Ihr Lieben,
ich lese als Gast schon eine Weile Eure Geschichten und bekomme mit, wie Ihr einander zuhört, Euch gegenseitig aufbaut und Unterstützung seid.
Berufsbedingt habe ich fast täglich mit den verschiedensten Suchterkrankungen zu tun und habe mich wie oft dabei erwischt, mich derselben Ausreden, Rechtfertigungen und Erklärungsversuchen zu bedienen.
Es ist verhältnismäßig einfach, den Suchtkranken die Hilfen an die Hand zu geben und Ihnen von Herzen zu wünschen, nach ihrer Zeit bei uns in eine Therapie und damit in die Chance auf ein suchtmittelfreies Leben zu starten. Aber kaum beschäftigt man sich mit der eigenen Abhängigkeit, erfüllt einen Panik bei dem Gedanken, diese Belastung des Rauchens abzulegen und rauchfrei zu leben.
Im letzten Jahr hatte ich bereits einen Anlauf gestartet. Ich hab über drei Monate "durchgehalten". Aber dann bekam ich heraus, dass mein Lebensgefährte mich bereits ein Jahr lang betrogen hat und sich daraufhin trennte. Ich hatte DEN Grund gefunden, mich endlich wieder an die einzig wahre Hilfe, die Zigarette, zu klammern (Bitte hier ein lautes Ironie-Knallen einbauen ;D )
Schwupp, seither sind wieder 9 Monate ins Land gegangen, in denen ich fleißig geraucht habe. Die Trennung ist überwunden, die Wunden geleckt und verheilt, ein erfolgreicher Neustart hingelegt. Die Kontrolle der Zigarette ist geblieben. Sie hat meinen Alltag mitbestimmt, mich bei strömendem Regen vor die Tür gejagt (ich habe noch nie in der Wohnung geraucht), lange Spiele mit meinen beiden Kindern unterbrochen, Auto- und Zugfahrten zu wahren Geduldsprüfungen werden lassen.

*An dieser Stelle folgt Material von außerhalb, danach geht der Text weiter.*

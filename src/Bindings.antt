-- ===== src/Bindings.antt =====
-- The Python bindings of the context session, crates/semanticore-context-py/src. What PyO3 does, the
-- interpreter and its lock, are not part of the model; a Python exception is its class and attributes.
pub mod Errors
pub mod PySession
pub mod Wraps
pub mod Terms
mod Tests
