-- ===== src/Prelude/Equality.antt =====
-- Rust's `==` on types with a decidable equality, one operator for every instance.
use Prim.Native.Nat.{ℕ}
use Prim.Native.String.{String}
use mathlib.Core.Path.{◌≡◌, refl}
use mathlib.Core.Logic.{◌≢◌, ◌↔◌, ◌⊎◌, inl, inr}
use mathlib.Core.Bool.{Bool, true, false, Bool-discrete}
use native.Mathlib.Decide.{ℕ_discrete}
use text.Mathlib.Text.{◌==◌ as str_eq}
use text.Mathlib.TextEquality.{eq_iff}

decide_by {ℓ} : {A : Type ℓ} (a b : A) (t : Bool) → (t ≡ true) ↔ (a ≡ b) → Dec (a ≡ b)
decide_by a b true h = yes (h.0 refl)
decide_by a b false h = no (λ e. cc (h.1 e))

unfoldable pub String_discrete : Discrete String
unfolding decide_by
String_discrete s t = decide_by s t (str_eq s t) (eq_iff s t)

pub record Eq {ℓ} (A : Type ℓ) : Type ℓ where
  pub dec : Discrete A

abbrev pub decide {ℓ} : {A : Type ℓ} → Dec A → Bool
decide (yes _) = true
decide (no _) = false

infix 50 ◌==◌
abbrev pub ◌==◌ {ℓ} : {A : Type ℓ} ⦃e : Eq A⦄ → A → A → Bool
◌==◌ ⦃e⦄ a b = decide (e.dec a b)

instance abbrev pub nat_eq : Eq ℕ
nat_eq = record { dec = ℕ_discrete }

instance abbrev pub bool_eq : Eq Bool
bool_eq = record { dec = Bool-discrete }

instance abbrev pub string_eq : Eq String
string_eq = record { dec = String_discrete }

module _ {ℓ} {A : Type ℓ} ⦃e : Eq A⦄ where
  pub ==_iff : (a b : A) → ((a == b) ≡ true) ↔ (a ≡ b)
  ==_iff a b = elim (e.dec a b) as (λ d. (decide d ≡ true) ↔ (a ≡ b)) [
    | yes p ↦ (λ _. p, λ _. refl)
    | no p ↦ (λ h. cc, λ q. absurd (p q))
  ]

  pub ==_refl : (a : A) → (a == a) ≡ true
  ==_refl a = (==_iff a a).1 refl

  -- To split on a test and keep what it decides.
  pub ==_cases : (a b : A) → (((a == b) ≡ true) × (a ≡ b)) ⊎ (((a == b) ≡ false) × (a ≢ b))
  ==_cases a b =
      elim (e.dec a b) as (λ d. ((decide d ≡ true) × (a ≡ b)) ⊎ ((decide d ≡ false) × (a ≢ b))) [
        | yes p ↦ inl (refl, p)
        | no p ↦ inr (refl, p)
      ]
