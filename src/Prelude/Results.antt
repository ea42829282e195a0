-- ===== src/Prelude/Results.antt =====
-- `Result<A, E>` of Rust, with `?` as the bind of a `do` block.
use mathlib.Core.Path.{◌≡◌, refl, ap}
use mathlib.Core.Logic.{◌⊎◌, inl, inr}
use mathlib.Core.List.{List, [], ◌∷◌, map}

pub data Result {ℓ κ} (E : Type κ) (A : Type ℓ) : Type (ℓ ⊔ κ) where
  ok : A → Result E A
  err : E → Result E A

-- `map_err`
abbrev pub map_err {ℓ κ μ} :
    {E : Type ℓ} {F : Type κ} {A : Type μ} → (E → F) → Result E A → Result F A
map_err f (ok a) = ok a
map_err f (err e) = err (f e)

abbrev pub ◌>>=◌ {ℓ κ μ} :
    {E : Type μ} {A : Type ℓ} {B : Type κ} → Result E A → (A → Result E B) → Result E B
err e >>= rest = err e
ok a >>= rest = rest a

abbrev pub ◌>>◌ {ℓ κ μ} :
    {E : Type μ} {A : Type ℓ} {B : Type κ} → Result E A → Result E B → Result E B
first >> next = first >>= λ _. next

infixl 5 ◌>>=◌ ◌>>◌
-- A chain that succeeds has succeeded in its first step, and goes on from its value.
pub >>=-ok {ℓ κ μ} :
    {E : Type μ} {A : Type ℓ} {B : Type κ} (r : Result E A) (next : A → Result E B) {out : B}
    → (r >>= next) ≡ ok out
    → (value : A) × (r ≡ ok value) × (next value ≡ ok out)
>>=-ok (err x) next eq = cc
>>=-ok (ok value) next eq = (value, refl, eq)

-- `collect` of an iterator of results: all the values, or the first error.
unfoldable pub collect {ℓ κ} : {E : Type κ} {A : Type ℓ} → List (Result E A) → Result E (List A)
collect [] = ok []
collect (r ∷ rs) = do a ← r; as' ← collect rs; ok (a ∷ as')

pub Result-cases {ℓ κ} :
    {E : Type κ} {A : Type ℓ} (r : Result E A) → ((a : A) × (r ≡ ok a)) ⊎ ((e : E) × (r ≡ err e))
Result-cases (ok a) = inl (a, refl)
Result-cases (err e) = inr (e, refl)

-- A pair whose first part is known.
pub pair_of {ℓ κ} : {A : Type ℓ} {B : Type κ} (t : A × B) {a : A} → t.0 ≡ a → t ≡ (a, t.1)
pair_of t e = ap (λ x. (x, t.1)) e

pub ok-inj {ℓ κ} :
    {E : Type κ} {A : Type ℓ} {r : Result E A} {a b : A} → r ≡ ok a → r ≡ ok b → a ≡ b
ok-inj h k = cc

pub ok-ne-err {ℓ κ} : {E : Type κ} {A : Type ℓ} {e : E} {a : A} → err e ≡ ok a → ⊥
ok-ne-err h = cc

pub map_err-ok {ℓ κ μ} :
    {E : Type ℓ} {F : Type κ} {A : Type μ} (f : E → F) (r : Result E A) {a : A}
    → map_err f r ≡ ok a
    → r ≡ ok a
map_err-ok f (ok b) h = cc
map_err-ok f (err e) h = absurd (ok-ne-err h)

pub collect-map_ok {ℓ κ} :
    {E : Type κ} {A : Type ℓ} (xs : List A) → collect {E = E} (map ok xs) ≡ ok xs
unfolding collect
collect-map_ok [] = refl
collect-map_ok {E = E} (x ∷ xs) = rw (collect-map_ok {E = E} xs)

Und heute vor genau einer Woche habe ich abends meine letzte Zigarette geraucht. Ich habe mich von ihr verabschiedet und ihr alles Gute gewünscht.
Die Schmacht kommt und geht, lässt mich aber erstaunlich kalt. Ich habe nach wie vor Zigaretten zuhause, da ich glaube, es trotz dieser Zigaretten schaffen zu müssen. Ob das ein seltsamer Masochismus ist oder ob mir die Nähe der Zigaretten hilft, ihnen fern zu bleiben, weiß ich nicht. Ich weiß aber, dass meine Kinder sich wahnsinnig darüber freuen, ihre Mama wieder zu haben und ich mich darüber, Zeit und Qualität gewonnen zu haben. Jeden Tag!